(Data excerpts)
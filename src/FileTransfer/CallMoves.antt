-- ===== src/FileTransfer/CallMoves.antt =====
-- Each call of the application on a file changes at most one slot, by a move of its state machine.
use elastos_net_carrier_nati.Base.{
  ℕ, ◌≡◌, refl, ◌∙◌, List, [], ◌∷◌, Bool, not, Option, some, ltb, leb, if_cases, if_both, length,
}
use elastos_net_carrier_nati.Mux.Channel.{Rc, ok, err}
use elastos_net_carrier_nati.FileTransfer.Data.{
  FileState, FileTransferItem, ElaFileTransferInfo, ElaFileTransfer, Env, standby, transfering,
  is_sender, is_receiver, is_connected, is_free, is_standby, is_transfering, has_fileid, find_item,
  get_fileinfo_free, get_fileinfo_fileid, put_file,
}
use elastos_net_carrier_nati.FileTransfer.Slots.{
  Move, taken, started, paused, left_free, noted, Changes, nothing, free_state, standby_state,
  transfering_state, find_item-found,
}
use elastos_net_carrier_nati.FileTransfer.Moves.{not-false, put-Changes, same-Changes}
use elastos_net_carrier_nati.FileTransfer.Cookie.{file_cookie}
use elastos_net_carrier_nati.FileTransfer.Calls.{
  is_empty, is_valid_info, choose_fileid, open_added, name_added, add_to_slot, ela_filetransfer_add,
  write_on, moved, pull_slot, ela_filetransfer_pull, send_slot, ela_filetransfer_send, cancel_slot,
  ela_filetransfer_cancel, pend_slot, ela_filetransfer_pend, resume_slot, ela_filetransfer_resume,
}
use elastos_net_carrier_nati.FileTransfer.Files.{set_slot, ela_filetransfer_set_userdata}

module _ {env : Env} where
  module _ (ft : ElaFileTransfer env) where
    abbrev Kept : ElaFileTransfer env → Type 0
    Kept ft' = Changes ft.files ft'.files

    abbrev Kept2 : Rc × ElaFileTransfer env → Type 0
    Kept2 r = Changes ft.files r.1.files

    moved-Changes :
        (p : FileTransferItem → Bool) (i : ℕ) (x : FileTransferItem) (state : FileState)
        (r : Rc × ElaFileTransfer env)
        → r.1.files ≡ ft.files
        → find_item p ft.files ≡ some (i, x)
        → Move x (record x { state = state })
        → Kept2 (moved i x state r)
    unfolding moved put_file
    moved-Changes p i x state (err n, ft') s e m = same-Changes _ _ s
    moved-Changes p i x state (ok n, ft') s e m = rw s (put-Changes ft.files p i x _ e m)

    pull_slot-Changes :
        (id : List ℕ) (offset : ℕ) (o : Option (ℕ × FileTransferItem))
        → find_item (has_fileid id) ft.files ≡ o
        → Kept2 (pull_slot ft offset o)
    unfolding pull_slot write_on
    pull_slot-Changes id offset Option.none e = nothing
    pull_slot-Changes id offset (some (i, x)) e = if_both Kept2 (leb x.filesz offset) nothing (
        if_both Kept2 (not (is_receiver ft)) nothing (
          if_both Kept2 (not (is_connected ft)) nothing (
            if_cases Kept2 (not (is_standby x)) (λ b. nothing)
              (λ b.
                moved-Changes _ i x transfering _ refl e
                  (started (standby_state x (not-false _ b)) refl)))))

    pub ela_filetransfer_pull-Changes :
        (id : List ℕ) (offset : ℕ) → Kept2 (ela_filetransfer_pull ft id offset)
    unfolding ela_filetransfer_pull get_fileinfo_fileid
    ela_filetransfer_pull-Changes id offset =
        if_both Kept2 (is_empty id) nothing (pull_slot-Changes id offset _ refl)

    send_slot-Changes :
        (data_ : List ℕ) (o : Option (ℕ × FileTransferItem)) → Kept2 (send_slot ft data_ o)
    unfolding send_slot write_on
    send_slot-Changes data_ Option.none = nothing
    send_slot-Changes data_ (some (i, x)) = if_both Kept2 (ltb x.filesz (length data_)) nothing (
        if_both Kept2 (not (is_sender ft)) nothing (
          if_both Kept2 (not (is_connected ft)) nothing
            (if_both Kept2 (not (is_transfering x)) nothing nothing)))

    pub ela_filetransfer_send-Changes :
        (id data_ : List ℕ) → Kept2 (ela_filetransfer_send ft id data_)
    unfolding ela_filetransfer_send
    ela_filetransfer_send-Changes id data_ =
        if_both Kept2 (is_empty id) nothing (send_slot-Changes data_ _)

    cancel_slot-Changes :
        (status : ℕ) (reason : List ℕ) (o : Option (ℕ × FileTransferItem))
        → Kept2 (cancel_slot ft status reason o)
    unfolding cancel_slot write_on
    cancel_slot-Changes status reason Option.none = nothing
    cancel_slot-Changes status reason (some (i, x)) =
        if_both Kept2 (not (is_receiver ft)) nothing (
          if_both Kept2 (not (is_connected ft)) nothing (if_both Kept2 (is_free x) nothing nothing))

    pub ela_filetransfer_cancel-Changes :
        (id : List ℕ) (status : ℕ) (reason : List ℕ)
        → Kept2 (ela_filetransfer_cancel ft id status reason)
    unfolding ela_filetransfer_cancel
    ela_filetransfer_cancel-Changes id status reason =
        if_both Kept2 (is_empty id) nothing (cancel_slot-Changes status reason _)

    pend_slot-Changes :
        (id : List ℕ) (o : Option (ℕ × FileTransferItem))
        → find_item (has_fileid id) ft.files ≡ o
        → Kept2 (pend_slot ft o)
    unfolding pend_slot
    pend_slot-Changes id Option.none e = nothing
    pend_slot-Changes id (some (i, x)) e = if_both Kept2 (not (is_receiver ft)) nothing (
        if_both Kept2 (not (is_connected ft)) nothing (
          if_cases Kept2 (not (is_transfering x)) (λ b. nothing)
            (λ b.
              moved-Changes _ i x standby _ refl e
                (paused (transfering_state x (not-false _ b)) refl))))

    pub ela_filetransfer_pend-Changes : (id : List ℕ) → Kept2 (ela_filetransfer_pend ft id)
    unfolding ela_filetransfer_pend get_fileinfo_fileid
    ela_filetransfer_pend-Changes id =
        if_both Kept2 (is_empty id) nothing (pend_slot-Changes id _ refl)

    resume_slot-Changes :
        (id : List ℕ) (o : Option (ℕ × FileTransferItem))
        → find_item (has_fileid id) ft.files ≡ o
        → Kept2 (resume_slot ft o)
    unfolding resume_slot
    resume_slot-Changes id Option.none e = nothing
    resume_slot-Changes id (some (i, x)) e = if_both Kept2 (not (is_receiver ft)) nothing (
        if_both Kept2 (not (is_connected ft)) nothing (
          if_cases Kept2 (not (is_standby x)) (λ b. nothing)
            (λ b.
              moved-Changes _ i x transfering _ refl e
                (started (standby_state x (not-false _ b)) refl))))

    pub ela_filetransfer_resume-Changes : (id : List ℕ) → Kept2 (ela_filetransfer_resume ft id)
    unfolding ela_filetransfer_resume get_fileinfo_fileid
    ela_filetransfer_resume-Changes id =
        if_both Kept2 (is_empty id) nothing (resume_slot-Changes id _ refl)

    open_added-Changes :
        (ft1 : ElaFileTransfer env) (i : ℕ) (x item : FileTransferItem) (name : List ℕ)
        → ft1.files ≡ ft.files
        → find_item is_free ft.files ≡ some (i, x)
        → item.state ≡ x.state
        → Kept2 (open_added ft1 i item name)
    unfolding open_added put_file
    open_added-Changes ft1 i x item name s e same = go opened.0
      where
        opened : Rc × env.World
        opened = env.ela_stream_open_channel (file_cookie name item.fileid item.filesz) ft1.world

        free : x.state ≡ FileState.none
        free = free_state x (find_item-found is_free ft.files i x e).1

        go :
            (rc : Rc)
            → Kept2 (elim rc as (λ _. Rc × ElaFileTransfer env) [
              | err n ↦ (
                err n,
                put_file
                    (record ft1 { world = opened.1 })
                    i
                    (record item { channel = err n; filename = Option.none }),
              )
              | ok n ↦ (
                ok 0,
                put_file
                    (record ft1 { world = opened.1 })
                    i
                    (record item { channel = ok n; state = standby }),
              )
            ])
        go (err n) = rw s (put-Changes ft.files is_free i x _ e (left_free free (same ∙ free)))
        go (ok n) = rw s (put-Changes ft.files is_free i x _ e (taken free refl))

    name_added-Changes :
        (ft1 : ElaFileTransfer env) (info : ElaFileTransferInfo) (i : ℕ) (x : FileTransferItem)
        (fileid : List ℕ) (name : Option (List ℕ))
        → ft1.files ≡ ft.files
        → find_item is_free ft.files ≡ some (i, x)
        → Kept2 (name_added ft1 info i x fileid name)
    unfolding name_added
    name_added-Changes ft1 info i x fileid Option.none s e = same-Changes _ _ s
    name_added-Changes ft1 info i x fileid (some name) s e =
        if_both Kept2 (not (env.alloc ft1.world).0) (same-Changes _ _ s) (
          open_added-Changes (record ft1 { world = (env.alloc ft1.world).1 }) i x item info.filename
            s e refl)
      where
        item : FileTransferItem
        item = record x {
          fileid = fileid;
          filename = some name;
          filesz = info.size;
          userdata = info.userdata;
        }

    choose_fileid-files : (id : List ℕ) → (choose_fileid id ft).1.files ≡ ft.files
    unfolding choose_fileid
    choose_fileid-files [] = refl
    choose_fileid-files (c ∷ cs) = refl

    add_to_slot-Changes :
        (info : ElaFileTransferInfo) (o : Option (ℕ × FileTransferItem))
        → find_item is_free ft.files ≡ o
        → Kept2 (add_to_slot ft info o)
    unfolding add_to_slot
    add_to_slot-Changes info Option.none e = nothing
    add_to_slot-Changes info (some (i, x)) e =
        name_added-Changes _ info i x _ _ (choose_fileid-files info.fileid) e

    pub ela_filetransfer_add-Changes :
        (info : ElaFileTransferInfo) → Kept2 (ela_filetransfer_add ft info)
    unfolding ela_filetransfer_add get_fileinfo_free
    ela_filetransfer_add-Changes info =
        if_both Kept2 (not (is_valid_info env.ela_id_is_valid info)) nothing (
          if_both Kept2 (not (is_sender ft)) nothing
            (if_both Kept2 (not (is_connected ft)) nothing (add_to_slot-Changes info _ refl)))

    set_slot-Changes :
        (id : List ℕ) (u : ℕ) (o : Option (ℕ × FileTransferItem))
        → find_item (has_fileid id) ft.files ≡ o
        → Kept2 (set_slot ft u o)
    unfolding set_slot put_file
    set_slot-Changes id u Option.none e = nothing
    set_slot-Changes id u (some (i, x)) e =
        if_both Kept2 (not (is_connected ft)) nothing
          (put-Changes ft.files _ i x _ e (noted u refl))

    pub ela_filetransfer_set_userdata-Changes :
        (id : List ℕ) (u : ℕ) → Kept2 (ela_filetransfer_set_userdata ft id u)
    unfolding ela_filetransfer_set_userdata get_fileinfo_fileid
    ela_filetransfer_set_userdata-Changes id u =
        if_both Kept2 (is_empty id) nothing (set_slot-Changes id u _ refl)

* Assignment: Which lines in the data hold the string "length"? Copy each of them.

* Written answer:
  ℕ, ◌≡◌, refl, ◌∙◌, List, [], ◌∷◌, Bool, not, Option, some, ltb, leb, if_cases, if_both, length,
    send_slot-Changes data_ (some (i, x)) = if_both Kept2 (ltb x.filesz (length data_)) nothing (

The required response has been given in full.